Some people meditate. Some people pray. Some people sit on the pot and ponder.
I grill.
And I don't just grill in the summer. I grill all year round. Shoot, I'd grill every day if I could. Because to me, the closest thing you come to sitting around the primal fire pondering the magic of fire and charred meat is the modern day gas grill.
It helps that grilling time is also a time I usually enjoy a glass of brandy as well. But it is part of the warming ritual, because I often grill on my deck at night when it is raining, snowing or just plain cold. I flip on the overhead electric heater, fire up the grill, line up the meat and sit back to reflect. Sometimes I'll tune in my starred music list from Spotify (which lately consists of some pretty haunting melodies done in a kind of fusion blue grass style).
It doesn't really matter what I'm grilling. Though I prefer slow cooking meats so I have more time to reflect. I don't use timers when I grill. I think the same body clock that wakes me up every morning without an alarm clock kicks in. So I automatically know when its time to turn the meat or shift it to get a nice diamond grill mark on it.
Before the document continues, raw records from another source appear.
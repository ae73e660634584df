-- ===== src/Controller/Tests.antt =====
-- Runs of the reconciler over a world that logs what is written.
use praetor.Base.{
  ◌+◌, ◌-◌, ◌≤◌, ◌≡◌, ◌∙◌, ap, sym, refl, Bool, true, false, not, ◌&&◌, ◌||◌, none, some, List, [],
  ◌∷◌, String, ◌==◌, All, eq_refl, ltb, eqb, arith, inl, length, count, lookup, or_else,
  if◌then◌else◌, join,
}
use praetor.Base.Int.{pos}
use praetor.Base.Text.{text_length}
use praetor.Base.Result.{Result, ok, err, not_found}
use praetor.Api
use praetor.Api.{
  Time, Condition, DeviceProcess, DeviceProcessStatus, DeviceProcessDeployment, LabelSelector,
}
use praetor.Conditions.{condition, find_condition}
use praetor.Controller.Env.{Env, Device}
use praetor.Controller.Env.Keeps.{ReadsKeep}
use praetor.Controller.Names.{device_process_name}
use praetor.Controller.Names.Laws.{device_process_name-length, names_collide}
use praetor.Controller.Labels.{
  has, ownership_labels, build_desired_device_process, desired_spec, deployment_key,
}
use praetor.Controller.Labels.Laws.{is_wanted, valid_label, lookup-desired_labels}
use praetor.Controller.Requests.{
  Request, label, has_request, request_of, is_selected, changed_label_keys, on_update,
}
use praetor.Controller.Requests.Changed.{has-changed_label_keys}
use praetor.Controller.Requests.Complete.{on_update_complete}
use praetor.Controller.Apply.Isolation.{AppliesKeep, Target, ReferenceKeepsTarget}
use praetor.Controller.Cleanup.{is_stale_process, cleanup_stale}
use praetor.Controller.Cleanup.Isolation.{StaleDeletesKeep, cleanup_stale-Keeps}
use praetor.Controller.Status.{
  counted_status, is_process_ready, is_updated, status_slices, update_status,
}
use praetor.Controller.Status.Counts.{counted_status_exact, conditions_of_counts, status_of, truth}
use praetor.Controller.Status.Aliasing.{EqualPatchesKeep, conditions_never_patched}
use praetor.Controller.Reconcile.{reconcile}
use praetor.Controller.Reconcile.Isolation.{OthersKeep, reconcile-Keeps}

abbrev device : Device
device = record {
  name = "rack1";
  namespace = "infra";
  uid = "d1";
  resource_version = "1";
  generation = pos 1;
  labels = ("role", "leaf") ∷ ("site", "ams") ∷ [];
  annotations = [];
  owner_references = [];
}

abbrev relabelled : Device
relabelled = record device { labels = ("role", "spine") ∷ ("site", "ams") ∷ [] }

abbrev selector : LabelSelector
selector = record { match_labels = ("role", "spine") ∷ []; match_expressions = [] }

abbrev both_conditions : List Condition
both_conditions =
    condition Api.condition_available "False" "NotEnoughAvailable" "0/1 available"
    ∷ condition Api.condition_progressing "True" "Updating" "updated=0 available=0 desired=1"
    ∷ []

abbrev deployment : DeviceProcessDeployment
deployment = record {
  metadata = record {
    name = "agent";
    namespace = "infra";
    uid = "u1";
    resource_version = "1";
    generation = pos 2;
    labels = [];
    annotations = [];
    owner_references = [];
  };
  spec = record {
    selector = selector;
    update_strategy = record { type = "RollingUpdate"; rolling_update = none };
    template = record {
      metadata = record { labels = ("tier", "edge") ∷ []; annotations = [] };
      spec = record {
        artifact = record { type = "oci"; url = "registry/agent"; checksum_sha256 = "" };
        execution = record {
          backend = "systemd";
          command = "agent" ∷ [];
          args = [];
          env = [];
          working_dir = "";
          user = "";
        };
        restart_policy = "Always";
        health_check = none;
      };
    };
  };
  status = record {
    observed_generation = pos 1;
    desired_number_scheduled = pos 1;
    current_number_scheduled = pos 1;
    updated_number_scheduled = pos 0;
    number_ready = pos 0;
    number_available = pos 0;
    number_unavailable = pos 1;
    conditions = both_conditions;
  };
}

abbrev process : DeviceProcess
process = record {
  metadata = record {
    name = "agent-rack9";
    namespace = "infra";
    uid = "p1";
    resource_version = "1";
    generation = pos 1;
    labels = ("deviceprocessdeployment", "agent") ∷ [];
    annotations = [];
    owner_references = [];
  };
  spec = record {
    device_ref = record { kind = "NetworkSwitch"; name = "rack9"; namespace = "" };
    artifact = record { type = "oci"; url = "registry/agent"; checksum_sha256 = "" };
    execution = record {
      backend = "systemd";
      command = "agent" ∷ [];
      args = [];
      env = [];
      working_dir = "";
      user = "";
    };
    restart_policy = "Always";
    health_check = none;
  };
  status = record {
    phase = "Running";
    conditions = condition "AgentConnected" "True" "" "" ∷ condition "Healthy" "True" "" "" ∷ [];
    observed_spec_hash = "sha256:Always";
    runtime_semantics = "";
    artifact_version = "";
    artifact_digest = "";
    artifact_download_attempts = pos 0;
    last_artifact_attempt_time = "";
    artifact_last_error = "";
    pid = pos 0;
    start_time = none;
    last_transition_time = none;
    restart_count = pos 0;
    last_termination_reason = "";
  };
}

-- The log holds what a write is judged by: the restart policy that an object is given, whether a deleted
-- object is controlled by its deployment, and whether a patch of a status leaves the conditions.
data Write : Type 0 where
  applied : String → Write
  deleted : Bool → Write
  patched : Bool → Write

abbrev World : Type 0
World = List Write

abbrev same_messages : List Condition → List Condition → Bool
same_messages [] [] = true
same_messages (a ∷ as') (b ∷ bs) = a.message == b.message && same_messages as' bs
same_messages _ _ = false

same_messages_refl : (cs : List Condition) → same_messages cs cs ≡ true
same_messages_refl [] = refl
same_messages_refl (c ∷ cs) = ground (arith, eq_refl c.message, same_messages_refl cs)

abbrev controls : DeviceProcess → Bool
controls p = p.spec.restart_policy == "Always"

abbrev logging : Env World
logging = record {
  clock = λ w. ((λ n. 1000 + n), w);
  get_deployment = λ namespace name w. (ok deployment, w);
  get_process = λ namespace name w. (err not_found, w);
  list_switches = λ namespace s w. (ok (device ∷ []), w);
  list_processes = λ namespace name w. (ok (process ∷ []), w);
  list_deployments = λ namespace key w. (ok (deployment ∷ []), w);
  apply_process = λ p w. (ok tt, applied p.spec.restart_policy ∷ w);
  create_process = λ p w. (ok tt, applied p.spec.restart_policy ∷ w);
  update_process = λ p w. (ok tt, applied p.spec.restart_policy ∷ w);
  delete_process = λ p w. (ok tt, deleted (controls p) ∷ w);
  patch_status =
      λ old new w. (ok tt, patched (same_messages old.status.conditions new.status.conditions) ∷ w);
  record_event = λ dep type reason message w. w;
  set_controller_reference = λ dep p. ok p;
  is_controlled_by = λ p dep. controls p;
  selector_error = λ s. none;
  matches = λ s labels. true;
  is_qualified_name = λ k. true;
  is_valid_label_value = λ v. true;
  is_dns1123_subdomain = λ s. true;
  error_text = λ e. "";
  to_lower = λ s. s;
  sha1_hex = λ s. s;
  sha256_hex = λ s. s;
  marshal_spec = λ spec. spec.restart_policy;
}

reads : (P : World → Type 0) → ReadsKeep logging P
reads P = record {
  clock = λ w h. h;
  get_deployment = λ namespace name w h. h;
  get_process = λ namespace name w h. h;
  list_switches = λ namespace s w h. h;
  list_processes = λ namespace name w h. h;
}

abbrev process_in : Result DeviceProcess → DeviceProcess → DeviceProcess
process_in (ok p) q = p
process_in (err e) q = q

reference : ReferenceKeepsTarget logging
reference dep p q e =
    let same : q ≡ p = ap (λ r. process_in r p) (sym e) in
    (ap (λ r. r.metadata.namespace) same, (ap (λ r. r.metadata.name) same, ap (λ r. r.spec) same))

abbrev IsAlways : Write → Type 0
IsAlways (applied policy) = policy ≡ "Always"
IsAlways _ = Unit

abbrev IsOwned : Write → Type 0
IsOwned (deleted owned) = owned ≡ true
IsOwned _ = Unit

abbrev IsSame : Write → Type 0
IsSame (patched same) = same ≡ true
IsSame _ = Unit

abbrev target : Target
target = record {
  namespace = "infra";
  name = "agent-rack1";
  spec = desired_spec logging deployment device;
}

applies : AppliesKeep logging target (All IsAlways)
unfolding desired_spec
applies = record {
  apply = λ p w aims h. (ap (λ s. s.restart_policy) aims.1.1, h);
  create = λ p w aims h. (ap (λ s. s.restart_policy) aims.1.1, h);
  update = λ p w aims h. (ap (λ s. s.restart_policy) aims, h);
}

stale_is_owned :
    (dep : DeviceProcessDeployment) (desired : List String) (p : DeviceProcess)
    → is_stale_process logging dep desired p ≡ true
    → controls p ≡ true
unfolding is_stale_process
stale_is_owned dep desired p h = ground arith

stale_deletes : StaleDeletesKeep logging (All IsOwned) deployment ("agent-rack1" ∷ [])
stale_deletes p w stale h = (stale_is_owned deployment ("agent-rack1" ∷ []) p stale, h)

cleanup_stale-Keeps_example :
    All IsOwned (cleanup_stale logging deployment ("agent-rack1" ∷ []) []).1
cleanup_stale-Keeps_example =
    cleanup_stale-Keeps logging (All IsOwned) deployment (reads (All IsOwned)) ("agent-rack1" ∷ [])
      stale_deletes [] tt

others : OthersKeep logging (All IsOwned)
others = record {
  reads = reads (All IsOwned);
  applies = λ t. record {
    apply = λ p w a h. (tt, h);
    create = λ p w a h. (tt, h);
    update = λ p w a h. (tt, h);
  };
  patch_status = λ old new w h. (tt, h);
  record_event = λ dep type reason message w h. h;
}

reconcile-Keeps_example : All IsOwned (reconcile logging 0 "infra" "agent" []).1
reconcile-Keeps_example =
    reconcile-Keeps logging (All IsOwned) others reference "infra" "agent"
      (λ dep desired p w read stale h. (stale_is_owned dep desired p stale, h)) 0 [] tt

equal_patches : EqualPatchesKeep logging (All IsSame)
equal_patches old new w e h =
    (ap (same_messages old.status.conditions) (sym e) ∙ same_messages_refl old.status.conditions, h)

conditions_never_patched_example :
    All IsSame (update_status logging 0 deployment (device ∷ []) []).1
unfolding find_condition
conditions_never_patched_example =
    conditions_never_patched logging (All IsSame) 0 deployment (device ∷ []) refl refl
      (reads (All IsSame)) equal_patches [] tt

counted_status_exact_example :
    let status = counted_status deployment 2 [] (process ∷ []) [] in
    (status.desired_number_scheduled ≡ pos 2)
    × (status.current_number_scheduled ≡ pos (length (process ∷ [])))
    × (status.updated_number_scheduled ≡ pos (count (is_updated []) (process ∷ [])))
    × (status.number_ready ≡ pos (count is_process_ready (process ∷ [])))
    × (status.number_available ≡ pos (count is_process_ready (process ∷ [])))
    × (status.number_unavailable ≡ pos (2 - count is_process_ready (process ∷ [])))
counted_status_exact_example =
    counted_status_exact deployment 2 [] (process ∷ []) [] (omega arith) (omega arith)

conditions_of_counts_example :
    let ready = count is_process_ready (process ∷ []) in
    let updated = count (is_updated []) (process ∷ []) in
    let cs = (status_slices (λ n. n) 0 deployment 2 [] (process ∷ [])).new in
    (status_of Api.condition_available cs ≡ some (truth (ltb 0 2 && eqb ready 2)))
    × (status_of Api.condition_progressing cs
        ≡ some (truth (ltb 0 2 && (ltb updated 2 || ltb ready 2))))
conditions_of_counts_example =
    conditions_of_counts (λ n. n) 0 deployment 2 [] (process ∷ []) (omega arith) (omega arith)

lookup-desired_labels_example :
    lookup "role"
      (build_desired_device_process logging deployment device "agent-rack1").metadata.labels
    ≡ or_else
        (if is_wanted logging selector "role"
          then valid_label logging (lookup "role" device.labels) "role"
          else none)
        (or_else
          (lookup "role" (ownership_labels logging deployment))
          (lookup "role" deployment.spec.template.metadata.labels))
unfolding lookup
lookup-desired_labels_example =
    lookup-desired_labels logging deployment device "agent-rack1" "role" (refl, tt)

abbrev by_owner : DeviceProcessDeployment
by_owner = record deployment {
  spec = record deployment.spec {
    selector = record { match_labels = (deployment_key, "other") ∷ []; match_expressions = [] };
  };
}

abbrev owned_device : Device
owned_device = record device { labels = (deployment_key, "other") ∷ [] }

device_process_name-length_example : text_length (device_process_name logging "agent" "rack1") ≤ 253
device_process_name-length_example = device_process_name-length logging "agent" "rack1"

names_collide_example :
    device_process_name logging (join ("edge" ∷ "-" ∷ "agent" ∷ [])) "rack1"
    ≡ device_process_name logging "edge" (join ("agent" ∷ "-" ∷ "rack1" ∷ []))
unfolding join text_length
names_collide_example = names_collide logging "edge" "agent" "rack1" refl (omega arith)

has-changed_label_keys_example :
    has "role" (changed_label_keys (some device) (some relabelled))
    ≡ not (label "role" relabelled.labels == label "role" device.labels)
has-changed_label_keys_example = has-changed_label_keys device relabelled "role"

abbrev one_request : Request
one_request = record { namespace = "infra"; name = "agent" }

on_update_complete_example :
    has_request (request_of logging deployment) (on_update logging device relabelled []).0 ≡ true
unfolding is_selected label lookup
on_update_complete_example =
    on_update_complete logging device relabelled "role" (deployment ∷ []) deployment refl
      (λ w. refl) (inl refl) refl [] refl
I'm not one of those purist freaks who turns their nose down at gas when they grill. I have no desire to deal with charcoal. A flame is a flame. And I'd rather have one that is pretty automatic than one I have to coax out of a brick with lighter fluid. It is the flame that my moth is drawn to, not the fuel.
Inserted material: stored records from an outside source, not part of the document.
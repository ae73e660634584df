-- ===== src/Gateway.antt =====
-- gateway/server.go: the HTTP gateway between the devices and the API server.
pub mod Types
pub mod Env
pub mod Heartbeat
pub mod Auth
pub mod Desired
pub mod Status
pub mod Update
pub mod Sweep
pub mod Handlers
pub mod Tests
I usually get a bit melancholy when I grill. Not maudlin, mind you. Just pleasantly sad. Maybe it's the blue grass music. Or maybe it's brandy. Regardless, it's a time when the ghosts come out and the memories gather for a reunion. I reflect on many things when I grill. It is kind of a timeless time.
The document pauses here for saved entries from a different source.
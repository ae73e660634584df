-- ===== src/Gateway/Env.antt =====
-- What the gateway calls and does not implement, and the state that its handlers pass on.
pub mod Keeps
use praetor.Base.{ℕ, Option, none, some, List, [], ◌∷◌, ◌++◌, String, refl, ◌≡◌}
use praetor.Base.Result.{Result, ok, err, ApiError}
use praetor.Api.{Time, DeviceProcess, DeviceProcessSpec}
use praetor.Gateway.Types.{Registry, Event}

-- The API server and the clock act on a world `W`; hashing, JSON and RFC 3339 are functions of their
-- input. Nothing is assumed of them here.
pub record Env (W : Type 0) : Type 0 where
  -- the readings that `time.Now` gives during one stretch of code
  pub clock : W → (ℕ → Time) × W
  -- client.List with the field selector spec.deviceRef.name
  pub list_processes : String → W → Result (List DeviceProcess) × W
  -- client.Get: name, namespace
  pub get_process : String → String → W → Result DeviceProcess × W
  -- client.Status().Patch with an optimistic lock: the object before and after
  pub patch_status : DeviceProcess → DeviceProcess → W → Result (Unit {0}) × W
  pub hmac_sha256_hex : String → String → String
  pub sha256_hex : String → String
  pub marshal_spec : DeviceProcessSpec → String
  pub parse_rfc3339 : String → Option Time
  pub format_rfc3339 : Time → String

pub record Sys (W : Type 0) : Type 0 where
  pub registry : Registry
  pub world : W
  pub events : List Event

-- An action returns a result, or an error, and the state; what was done before an error stays done.
abbrev pub Act : Type 0 → Type 0 → Type 0
Act W A = Sys W → Result A × Sys W

module _ {W : Type 0} where
  abbrev pub pure : {A : Type 0} → A → Act W A
  pure a s = (ok a, s)

  abbrev pub raise : {A : Type 0} → ApiError → Act W A
  raise e s = (err e, s)

  abbrev pub next : {A B : Type 0} → Result A → (A → Act W B) → Act W B
  next (ok a) f s = f a s
  next (err e) f s = (err e, s)

  infixl 5 ◌>>=◌ ◌>>◌
  abbrev pub ◌>>=◌ : {A B : Type 0} → Act W A → (A → Act W B) → Act W B
  ◌>>=◌ m f s = next (m s).0 f (m s).1

  abbrev pub ◌>>◌ : {B : Type 0} → Act W (Unit {0}) → Act W B → Act W B
  m >> k = m >>= λ _. k

  -- The result of an action as a value, for a caller that looks at the error.
  abbrev pub attempt : {A : Type 0} → Act W A → Act W (Result A)
  attempt m s = (ok (m s).0, (m s).1)

  -- A call of the world.
  abbrev pub call : {A : Type 0} → (W → Result A × W) → Act W A
  call f s = ((f s.world).0, record s { world = (f s.world).1 })

  abbrev pub registry : Act W Registry
  registry s = (ok s.registry, s)

  abbrev pub modify_registry : (Registry → Registry) → Act W (Unit {0})
  modify_registry f s = (ok tt, record s { registry = f s.registry })

  abbrev pub emit : Event → Act W (Unit {0})
  emit e s = (ok tt, record s { events = s.events ++ e ∷ [] })

  abbrev pub read_clock : Env W → Act W (ℕ → Time)
  read_clock env s = (ok (env.clock s.world).0, record s { world = (env.clock s.world).1 })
No one really taught me to grill. Oh, I remember watching my father pull out the barbecue and fire up charcoal to burn burgers or cheap steaks. But he didn't relish the act the way I do. He was just cooking meat. I am getting my cosmic grill on. I am one with the smoke and the sizzling fat. I embrace the blast of heat as I lift the lid and I merge with the marinade and the steam that rises as it drips into the flame.
But most of all I just sit and think as the meat evolves into a meal. My father never had that luxury. He only grilled in the summer as screaming kids ran around him throwing baseballs or splashing on the Slip and Slide. I get to sit on my deck year long and ponder as the water in the stream below our house trickles by and the cars on the adjacent street stream along.
Sometimes, on a rare clear night in the Pacific Northwest, I gaze at stars while I reflect on my life and my gas grill. I reflect on the programs I see on the History Channel while I work out and marvel that, despite all of our hopes to save the planet (and mankind), it will all be for naught a few hundred million years down the line when the sun super nova's and fries everything on the planet before imploding or exploding. That will be one major grilling event I unfortunately (or fortunately) won't be around for.
It puts everything into perspective. Life is like one big gas grill, and no matter how you plan things, the propane tank eventually runs out of gas (and too often when the stores are closed and you are just half way through grilling some chicken).
Just a thought.
3 comments:
I smell burning, in a good way.
what songs are you talking about?? sounds intriguing.
Cold, Cold Ground by Muddy Fork; Rattlin' Bones by Kasey Chambers & Shane Nicholson; Coal War by Joshua James; Ain't No Grave by Johnny Cash; Central and Union by Sara Watkins; Satan Your Kingdom Must Come Down by Robert Plant; I had me a girl by the Civil Wars and So Far from your Weapon by The Dead Weather. Much of it is from the series Hell on Wheels soundtrack.